Liliana Cavani made of one of the most poignant, caustic and incisive human portraits around two people: a miserable and docile human being who, in theory only obeyed superior orders, but besides he enjoyed to exert physical, mental and spiritual wounds around a woman in a concentration camp during the opprobrious WW2, who eventually by these strange destiny tricks, will meet again in Vienna 1957.

The seventies knew about three brilliant female filmmakers: Liliana Cavani, Von Trotta sisters and Lina Wertmüller, visceral, artistic and spiritually affected by the horrors of the WW2. These three bold, brave and smart women decided to approach the miseries of the War from different perspectives but with the same purpose. To carve in relief the level of incivility and abjection to which a human being is able to come, when the War works out as the perfect alibi to surpass the verboten boundaries about ethics and moral. Paraphrasing to a personage from Crime and punishment: "If War exists everything is permitted."

Highly recommended but you must be aware about the ferocious and implacable script.

3 out of 5 stars The revisitation of a concentration camp relationship.......2006-05-29

Dirk Bogarde and Charlotte Rampling star as a pair of doomed survivors of the horrors of WWII in the unsettling but dubious Liliana Cavani directed drama, "The Night Porter".

Bogarde played Max Aldorfer currently the night porter at a 1957 Vienna hotel. Aldorfer, formerly a Nazi SS officer ensconsed as a doctor in a concentration camp, had been deemed too insignificant to be prosecuted in the Nuremberg trials. He however maintained contacts with significant high ranking ex-officers who had thus far eluded apprehension.

While at the camp, Bogarde had sustained a lurid and kinky sexual relationship with a young internee Lucia played by Rampling. Much to Bogarde's shock a seemingly affluent and cultured Rampling and her husband, an orchestra conductor checked into the hotel while on a concert tour, some 13 years later.
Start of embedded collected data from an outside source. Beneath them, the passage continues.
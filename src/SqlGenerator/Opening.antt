-- ===== src/SqlGenerator/Opening.antt =====
-- How the generated statements begin, and that their parts neither end nor split a statement.
use myr.Prelude.{ℕ, ◌≡◌, refl, ◌∙◌, true, false, Option, none, some, [], ◌∷◌, ◌++◌, inl, inr, all}
use myr.Prelude.Text.{Text, codes, trim, is_whitespace, trim_end_by, trim_start_by, end_cons}
use myr.SafeMode.Scan.{add_statement, split_statements}
use myr.SafeMode.Scan.Inert.{
  split_statements-Inert, Inert, Inert-append, Inert-bland, Inert-replace, is_bland,
}
use myr.SafeMode.Assess.{first_keyword, is_safe_read_keyword}
use myr.SqlGenerator.{SqlTarget, qualified, quote_identifier, quote_sql_string, qualified_table_sql}

-- The text has exactly one statement, and its first word is one of the reading keywords.
abbrev pub IsReadSql : Text → Type 0
IsReadSql sql =
    (s : Text) × (k : Text) × (split_statements sql ≡ s ∷ [])
    × (first_keyword s ≡ some k)
    × (is_safe_read_keyword k ≡ true)

-- Characters that are not white space keep what stands before them from being trimmed.
trim_end_kept :
    (c : ℕ) (s : Text)
    → is_whitespace c ≡ false
    → (r : Text) × (trim_end_by is_whitespace (c ∷ s) ≡ c ∷ r)
unfolding trim_end_by
trim_end_kept c s h = keep (trim_end_by is_whitespace s)
  where
    keep : (r : Text) → (r' : Text) × (end_cons is_whitespace c r ≡ c ∷ r')
    keep [] = ([], unfold end_cons in rw h refl)
    keep (d ∷ r) = (d ∷ r, unfold end_cons in refl)

trim_end_before :
    (b : ℕ) (s r : Text) (c : ℕ)
    → trim_end_by is_whitespace s ≡ c ∷ r
    → trim_end_by is_whitespace (b ∷ s) ≡ b ∷ c ∷ r
unfolding trim_end_by end_cons
trim_end_before b s r c e = rw (e, end_cons) refl

-- A text up to a character that is not white space is kept.
trim_end-append :
    (a : Text) (c : ℕ) (s : Text)
    → is_whitespace c ≡ false
    → (r : Text) × (trim_end_by is_whitespace (a ++ c ∷ s) ≡ a ++ c ∷ r)
trim_end-append [] c s h = trim_end_kept c s h
trim_end-append (b ∷ []) c s h =
    let (r, e) = trim_end_kept c s h in (r, trim_end_before b (c ∷ s) r c e)
trim_end-append (b ∷ d ∷ a) c s h =
    let (r, e) = trim_end-append (d ∷ a) c s h in
    (r, trim_end_before b (d ∷ (a ++ c ∷ s)) (a ++ c ∷ r) d e)

add_nonempty :
    (word : Text) (c : ℕ) (r : Text) → add_statement [] (word ++ c ∷ r) ≡ (word ++ c ∷ r) ∷ []
add_nonempty [] c r = refl
add_nonempty (b ∷ word) c r = refl

-- A text that begins with a word of letters, a space and something behind it.
pub Inert-safe :
    (word : Text) (c : ℕ) (rest k : Text)
    → Inert (word ++ c ∷ rest)
    → ((r : Text) → trim_start_by is_whitespace (word ++ c ∷ r) ≡ word ++ c ∷ r)
    → ((r : Text) → first_keyword (word ++ c ∷ r) ≡ some k)
    → is_whitespace c ≡ false
    → is_safe_read_keyword k ≡ true
    → IsReadSql (word ++ c ∷ rest)
unfolding trim
Inert-safe word c rest k inert starts keyword visible safe =
    let sql = word ++ c ∷ rest in
    let (r, e) = trim_end-append word c rest visible in
    let trimmed : trim sql ≡ word ++ c ∷ r = rw (starts rest) e in
    (
      word ++ c ∷ r,
      k,
      split_statements-Inert sql inert ∙ rw trimmed (add_nonempty word c r),
      keyword r,
      safe,
    )

-- The opening words of the generated statements.
module _ (c : ℕ) (visible : is_whitespace c ≡ false) where
  pub select_safe :
      (rest : Text) → Inert (codes "SELECT " ++ c ∷ rest) → IsReadSql (codes "SELECT " ++ c ∷ rest)
  unfolding trim_start_by is_whitespace first_keyword is_safe_read_keyword
  select_safe rest inert =
      Inert-safe (codes "SELECT ") c rest (codes "SELECT") inert (λ r. refl) (λ r. refl) visible
        refl

  pub show_safe :
      (rest : Text) → Inert (codes "SHOW " ++ c ∷ rest) → IsReadSql (codes "SHOW " ++ c ∷ rest)
  unfolding trim_start_by is_whitespace first_keyword is_safe_read_keyword
  show_safe rest inert =
      Inert-safe (codes "SHOW ") c rest (codes "SHOW") inert (λ r. refl) (λ r. refl) visible refl

  pub describe_safe :
      (rest : Text)
      → Inert (codes "DESCRIBE " ++ c ∷ rest)
      → IsReadSql (codes "DESCRIBE " ++ c ∷ rest)
  unfolding trim_start_by is_whitespace first_keyword is_safe_read_keyword
  describe_safe rest inert =
      Inert-safe (codes "DESCRIBE ") c rest (codes "DESCRIBE") inert (λ r. refl) (λ r. refl) visible
        refl

pub quote_identifier-Inert : (name : Text) → Inert (quote_identifier name)
unfolding quote_identifier
quote_identifier-Inert name = Inert-replace b'`' name (inr (inr refl))

pub quote_sql_string-Inert : (value : Text) → Inert (quote_sql_string value)
unfolding quote_sql_string
quote_sql_string-Inert value = Inert-replace b'\'' value (inl refl)

infixl 65 ◌⊕◌
pub ◌⊕◌ : {f g : Text} → Inert f → Inert g → Inert (f ++ g)
a ⊕ b = Inert-append _ _ a b

qualified-Inert : (database : Option Text) (table : Text) → Inert (qualified database table)
unfolding is_bland
qualified-Inert none table = quote_identifier-Inert table
qualified-Inert (some database) table =
    quote_identifier-Inert database ⊕ (Inert-bland (b'.' ∷ []) refl ⊕ quote_identifier-Inert table)

pub qualified_table-Inert : (target : SqlTarget) → Inert (qualified_table_sql target)
unfolding qualified_table_sql
qualified_table-Inert target = qualified-Inert target.database target.table

pub lit : (s : Text) → all is_bland s ≡ true → Inert s
lit s h = Inert-bland s h

-- A qualified name begins with a backtick.
pub qualified_first :
    (database : Option Text) (table : Text) → (r : Text) × (qualified database table ≡ b'`' ∷ r)
unfolding quote_identifier
qualified_first none table = (_, refl)
qualified_first (some database) table = (_, refl)
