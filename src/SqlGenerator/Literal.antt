-- ===== src/SqlGenerator/Literal.antt =====
-- `quote_sql_literal`: what goes out without quotes.
use mathlib.Core.List.{cons-ne-nil}
use myr.Prelude.{
  ℕ, ◌≡◌, ◌≢◌, refl, Bool, true, false, ◌&&◌, ◌||◌, List, [], ◌∷◌, arith, all, ◌==◌, Bool-cases,
  inl, inr,
}
use myr.Prelude.Text.{
  Text, codes, trim, is_ascii_digit, to_lower, to_ascii_lowercase, one_of, text_eq, one_of_elim,
}
use myr.SafeMode.Scan.Inert.{Inert, is_bland, dash_safe, Inert-dash_safe, Inert-replace}
use myr.SqlGenerator.{quote_sql_literal, quote_sql_string}
use myr.SqlGenerator.Numeric.{
  is_digits, split_sign, parses_i128, parses_u128, skip_digits, is_exponent, is_fraction,
  parses_f64,
}

dash_safe-cons :
    (c : ℕ) (s : Text) → is_bland c ≡ true → dash_safe s ≡ true → dash_safe (c ∷ s) ≡ true
unfolding dash_safe
dash_safe-cons c [] h hs = h
dash_safe-cons c (d ∷ s) h hs = rw h hs

bland_safe : (s : Text) → all is_bland s ≡ true → dash_safe s ≡ true
bland_safe [] h = unfold dash_safe in refl
bland_safe (c ∷ s) h = dash_safe-cons c s (ground arith) (bland_safe s (ground arith))

digit_bland : (c : ℕ) → is_ascii_digit c ≡ true → is_bland c ≡ true
unfolding is_ascii_digit is_bland
digit_bland c h = ground arith

digits_bland : (s : Text) → all is_ascii_digit s ≡ true → all is_bland s ≡ true
digits_bland [] h = refl
digits_bland (c ∷ s) h = rw (digit_bland c (ground arith)) (digits_bland s (ground arith))

-- A text that a sign may stand before.
abbrev signable : Text → Bool
signable [] = false
signable (c ∷ s) = is_bland c && dash_safe (c ∷ s)

minus_safe : (s : Text) → signable s ≡ true → dash_safe (b'-' ∷ s) ≡ true
unfolding dash_safe
minus_safe [] h = ground arith
minus_safe (d ∷ s) h = ground arith

plus_safe : (s : Text) → signable s ≡ true → dash_safe (b'+' ∷ s) ≡ true
plus_safe [] h = ground arith
plus_safe (d ∷ s) h = dash_safe-cons b'+' (d ∷ s) (unfold is_bland in refl) (ground arith)

sign_safe : (s : Text) → signable (split_sign s).1 ≡ true → dash_safe s ≡ true
sign_safe [] h = unfold dash_safe in refl
sign_safe (c ∷ s) h = elim (Bool-cases (c == b'-')) [
  | inl minus ↦ let e : c ≡ b'-' = ground arith in rw e (minus_safe s (ground arith))
  | inr not_minus ↦ elim (Bool-cases (c == b'+')) [
    | inl plus ↦ let e : c ≡ b'+' = ground arith in rw e (plus_safe s (ground arith))
    | inr neither ↦ ground arith
  ]
]

digits_signable : (s : Text) → is_digits s ≡ true → signable s ≡ true
unfolding is_digits
digits_signable [] h = ground arith
digits_signable (c ∷ s) h =
    rw (bland_safe (c ∷ s) (digits_bland (c ∷ s) (ground arith))) (ground (arith, digit_bland c))

i128_safe : (s : Text) → parses_i128 s ≡ true → dash_safe s ≡ true
unfolding parses_i128
i128_safe s h = sign_safe s (digits_signable (split_sign s).1 (ground arith))

u128_safe : (s : Text) → parses_u128 s ≡ true → dash_safe s ≡ true
unfolding parses_u128 is_digits
u128_safe [] h = unfold dash_safe in refl
u128_safe (c ∷ s) h = elim (Bool-cases (c == b'+')) [
  | inl plus ↦
      let e : c ≡ b'+' = ground arith in
      rw e (plus_safe s (digits_signable s (unfold is_digits in ground arith)))
  | inr other ↦ bland_safe (c ∷ s) (digits_bland (c ∷ s) (ground arith))
]

exponent_safe : (s : Text) → is_exponent s ≡ true → dash_safe s ≡ true
unfolding is_exponent
exponent_safe [] h = unfold dash_safe in refl
exponent_safe (c ∷ s) h =
    dash_safe-cons c s (unfold is_bland in ground arith)
      (sign_safe s (digits_signable (split_sign s).1 (ground arith)))

-- Digits in front of a safe text.
skip_safe : (s : Text) → dash_safe (skip_digits s).1 ≡ true → dash_safe s ≡ true
unfolding skip_digits
skip_safe [] h = h
skip_safe (c ∷ s) h = elim (Bool-cases (is_ascii_digit c)) [
  | inl digit ↦ dash_safe-cons c s (digit_bland c digit) (skip_safe s (ground arith))
  | inr other ↦ ground arith
]

fraction_safe : (n : ℕ) (s : Text) → is_fraction n s ≡ true → dash_safe s ≡ true
unfolding is_fraction
fraction_safe n [] h = unfold dash_safe in refl
fraction_safe n (c ∷ s) h = elim (Bool-cases (c == b'.')) [
  | inl point ↦
      dash_safe-cons c s (unfold is_bland in ground arith)
        (skip_safe s (exponent_safe (skip_digits s).1 (ground arith)))
  | inr other ↦ exponent_safe (c ∷ s) (ground arith)
]

lower_bland : (c : ℕ) → is_bland (to_lower c) ≡ true → is_bland c ≡ true
unfolding to_lower is_bland
lower_bland c h = ground arith

lowercase_bland : (s : Text) → all is_bland (to_ascii_lowercase s) ≡ true → all is_bland s ≡ true
unfolding to_ascii_lowercase
lowercase_bland [] h = refl
lowercase_bland (c ∷ s) h = rw (lower_bland c (ground arith)) (lowercase_bland s (ground arith))

bland_signable : (s : Text) → to_ascii_lowercase s ≢ [] → all is_bland s ≡ true → signable s ≡ true
bland_signable [] ne h = absurd (ne (unfold to_ascii_lowercase in refl))
bland_signable (c ∷ s) ne h = rw (bland_safe (c ∷ s) h) (ground arith)

abbrev words : List Text
words = codes "inf" ∷ codes "infinity" ∷ codes "nan" ∷ []

word_signable : (s : Text) → one_of words (to_ascii_lowercase s) ≡ true → signable s ≡ true
unfolding text_eq is_bland
word_signable s h =
    let (ne, bland) =
      one_of_elim (λ k. (k ≢ []) × (all is_bland k ≡ true)) words (to_ascii_lowercase s) h
        ((cons-ne-nil _ _, refl), ((cons-ne-nil _ _, refl), ((cons-ne-nil _ _, refl), tt))) in
    bland_signable s ne (lowercase_bland s bland)

fraction_signable :
    (s : Text) → is_fraction (skip_digits s).0 (skip_digits s).1 ≡ true → signable s ≡ true
fraction_signable [] h = unfold skip_digits is_fraction in ground arith
fraction_signable (c ∷ s) h =
    rw (skip_safe (c ∷ s) (fraction_safe (skip_digits (c ∷ s)).0 (skip_digits (c ∷ s)).1 h))
      (elim (Bool-cases (is_ascii_digit c)) [
        | inl digit ↦ rw (digit_bland c digit) refl
        | inr other ↦ unfold skip_digits is_fraction is_bland in ground arith
      ])

f64_safe : (s : Text) → parses_f64 s ≡ true → dash_safe s ≡ true
unfolding parses_f64
f64_safe s h =
    let number = (split_sign s).1 in
    elim (Bool-cases (one_of words (to_ascii_lowercase number))) [
      | inl word ↦ sign_safe s (word_signable number word)
      | inr other ↦ sign_safe s (fraction_signable number (ground arith))
    ]

-- Whatever the value is, its literal begins and ends nothing that the scanner knows.
pub quote_sql_literal-Inert : (value : Text) → Inert (quote_sql_literal value)
unfolding quote_sql_literal
quote_sql_literal-Inert value =
    let t = trim value in
    elim (Bool-cases (parses_i128 t || parses_u128 t || parses_f64 t)) [
      | inl number ↦
          rw number (Inert-dash_safe t (ground (arith, i128_safe t, u128_safe t, f64_safe t)))
      | inr text ↦ rw text (unfold quote_sql_string in Inert-replace b'\'' t (inl refl))
    ]

-- A value that spells infinity or not-a-number, in any case and with a sign or without, goes out as
-- a bare word, not as a quoted string.
pub quote_sql_literal_word :
    (value : Text)
    → one_of
        (codes "inf" ∷ codes "infinity" ∷ codes "nan" ∷ [])
        (to_ascii_lowercase (split_sign (trim value)).1)
      ≡ true
    → quote_sql_literal value ≡ trim value
unfolding quote_sql_literal parses_f64
quote_sql_literal_word value h = ground arith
In an improbable plot twist Rampling implores her husband to continue on without her so that she and Bogarde could secretly resume their sado-masochistic relationship. Bogarde is about to go on trial to help preserve his secret Nazi past as orchestrated by his powerful compatriots. Rampling's presence as a possible witness to the decadence and horror that existed in the death camps was portrayed in a series of flashbacks. This renewed relationship had potential to undermine the efforts of the ex-Nazis and Bogarde and Rampling feared for their lives holing up in his apartment.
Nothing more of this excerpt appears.